Education Author and Thinker Ian Jukes Keynotes National Network of Digital Schools Client Conference
FARMINGTON, Pa., May 2 /PRNewswire/ -- Author and thinker Ian Jukes told educators at a National Network of Digital Schools conference they and their schools are at risk if they hold onto outdated ideas and methods of teaching when knowledge technology is changing at an exponential rate.
Jukes keynoted the first-ever nationwide conference of the National Network of Digital Schools (NNDS), an educational management foundation and provider of premier online curricula. Educators whose schools use the NNDS Lincoln Interactive and Little Lincoln online curriculum were invited to the "Linking Leaders in Online Education Conference" held April 28-30 at Nemacolin Woodlands Resort in the scenic mountains of southwestern Pennsylvania.
His audience of 100 educators came from traditional, private, charter and online schools from Pennsylvania to Kansas. Jukes told them educational institutions are not adapting quickly enough as exponential changes in microchip and Internet technology alter not only how students learn but how they think.
The primary purpose of the conference was for client educators and NNDS staff to get to know each other and share information, said Jane Price, president of the NNDS-affiliated Avanti Management Group.
"NNDS serves K-12 schools of all types, all sizes, and in all stages of their journey toward creating effective online programs," said Price. "This is the first time we've brought them together. It has been a very exciting three days."
Some attending schools have had cyber programs for years, she said, while others are just starting. They range greatly in size and mission, from a public school district in Ohio with 15,000 students to a faith-based private foundation in Missouri with 45 students scattered across the globe.
NNDS clients represented at the conference included the 9,000-student Pennsylvania Cyber Charter School. PA Cyber CEO and founder Dr. Nick Trombetta, sitting on a panel discussion, said competition has forced traditional public schools to try starting their own cyber programs. Superintendents who previously fought cyber education are either changing their minds or are being replaced by administrators who recognize the necessity and value of expanding curriculum and improving services to families by adding online programs, Dr. Trombetta said.
Panel member Dr. William Harbron, superintendent of Northern Ozaukee School District in Wisconsin, said, "Teachers have been gatekeepers of information. They're beginning to see themselves as facilitators of information."
Jukes said humans are inherently visual learners and students are "wired for multimedia," yet instruction is text-based and testing methods emphasize recall instead of problem solving and critical thinking. "We are doing a terrific job of educating kids for the year 1950," Jukes said, referring to the federal testing law as "No Child Left Untested."

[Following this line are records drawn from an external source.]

-- ===== src/Task/Engine/Transitions.antt =====
-- transitionTaskInTx, whatever its outcome.
use velm.Base.{true, false, ◌≡◌, ◌⊎◌, inl, inr, refl, ap, arith, Bool-cases, Option-cases}
use velm.Base.{ok, err, Option, none, some, List, [], ◌∷◌, Text}
use velm.Task.States.{allowed_task_transition}
use velm.Task.Model.{Task, Db, no_such_task, invalid_transition, task_by_id, update_task}
use velm.Task.Engine.{live, set_state, transition_from, transition_task}

-- The state of a task that is not deleted.
abbrev pub state_of : Option Task → Option Text
state_of none = none
state_of (some t) = some t.state

abbrev pub state_in : Text → Db → Option Text
state_in id db = state_of (live (task_by_id id db.tasks))

state-update_task :
    (id to : Text) (ts : List Task) (s : Text)
    → state_of (live (task_by_id id ts)) ≡ some s
    → state_of (live (task_by_id id (update_task id (set_state to) ts))) ≡ some to
unfolding task_by_id update_task
state-update_task id to [] s h = cc
state-update_task id to (t ∷ ts) s h = ground (arith, state-update_task id to ts s)

-- A transition succeeds exactly along an edge from the state of a task that is there, and leaves
-- the task in the state it was asked for.
pub transition_task_cases :
    (id to : Text) (db : Db)
    → ((state_in id db ≡ none) × (transition_task id to db ≡ err (no_such_task id)))
      ⊎ ((from : Text) × (state_in id db ≡ some from)
          × (allowed_task_transition from to ≡ false)
          × (transition_task id to db ≡ err (invalid_transition from to)))
      ⊎ ((from : Text) × (state_in id db ≡ some from)
          × (allowed_task_transition from to ≡ true)
          × (after : Db) × (transition_task id to db ≡ ok (tt, after))
          × (state_in id after ≡ some to))
unfolding transition_task
transition_task_cases id to db = elim (Option-cases (live (task_by_id id db.tasks))) [
  | inl e ↦ inl (rw e refl, rw e (unfold transition_from in refl))
  | inr (t, e) ↦ elim (Bool-cases (allowed_task_transition t.state to)) [
    | inl h ↦ inr (
        inr (
          t.state,
          rw e refl,
          h,
          record db { tasks = update_task id (set_state to) db.tasks },
          rw e (unfold transition_from in rw h refl),
          state-update_task id to db.tasks t.state (ap state_of e),
        ))
    | inr h ↦ inr (inl (t.state, rw e refl, h, rw e (unfold transition_from in rw h refl)))
  ]
]
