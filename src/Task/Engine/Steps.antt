-- ===== src/Task/Engine/Steps.antt =====
-- The parts of a transaction that succeeded, and what a transaction leaves.
use velm.Base.{◌≡◌, refl}
use velm.Base.{Result, ok, err}
use velm.Task.Model.{Db, Tx, Failure, ◌>>=◌, transaction}

pub snd_path :
    {A : Type 0} {a b : A} {x y : Db}
    → ◌≡◌ {A = Result Failure (A × Db)} (ok (a, x)) (ok (b, y))
    → x ≡ y
snd_path e = cc

-- The two halves of a successful bind.
pub bind_parts :
    {A B : Type 0} (m : Tx A) (f : A → Tx B) (db : Db) (b : B) (after : Db)
    → (m >>= f) db ≡ ok (b, after)
    → (a : A) × (mid : Db) × (m db ≡ ok (a, mid)) × (f a mid ≡ ok (b, after))
bind_parts {A} {B} m f db b after e = go (m db) refl e
  where
    go :
        (r : Result Failure (A × Db))
        → m db ≡ r
        → (elim r [ err x ↦ err x | ok p ↦ f (p.0) (p.1) ]) ≡ ok (b, after)
        → (a : A) × (mid : Db) × (m db ≡ ok (a, mid)) × (f a mid ≡ ok (b, after))
    go (err x) h k = cc
    go (ok (a, mid)) h k = (a, mid, h, k)

pub rolled_back :
    {A : Type 0} (m : Tx A) (db : Db) (e : Failure) → m db ≡ err e → transaction m db ≡ (err e, db)
rolled_back m db e h = rw (h, transaction) refl

pub committed :
    {A : Type 0} (m : Tx A) (db : Db) (a : A) (after : Db)
    → m db ≡ ok (a, after)
    → transaction m db ≡ (ok a, after)
committed m db a after h = rw (h, transaction) refl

A dedicated, passionate teacher remains the single most important factor in public education, Jakes told conferees, but teachers and schools as a whole have resisted changing their basic assumptions and methods.
About Ian Jukes
Ian Jukes has been a teacher, administrator, writer, consultant, university instructor and speaker. He is director of an international consulting group that provides leadership and program development in the areas of assessment and evaluation, strategic alignment, curriculum design and publication, professional development, planning, change management, hardware and software acquisition, information services, customized research, media services, and online training. Over the past 10 years, Ian Jukes has worked with clients in more than 40 countries and made more than 8,000 presentations, typically speaking to between 300,000 and 350,000 people a year.
Jukes has written twelve books, nine educational series and has had more than 100 articles published in various journals. Jukes publishes an on-line electronic newsletter, the Committed Sardine Blog, which is electronically distributed to almost 90,000 people in 60-plus countries.
About NNDS, Lincoln Interactive and Little Lincoln
The National Network of Digital Schools is a nonprofit management foundation started in 2005 to provide premium online K-12 curricular, teaching and educational management services to schools everywhere. Its premier Lincoln Interactive curriculum consists of more than 250 exciting, standards-based courses for grades 5-12, while the newly created Little Lincoln curriculum for grades K-4 utilizes cutting-edge video and interactive games that keep students engaged while teaching them to state academic standards in reading, writing, math and science. NNDS provides services to 200 schools in 12 states and three countries.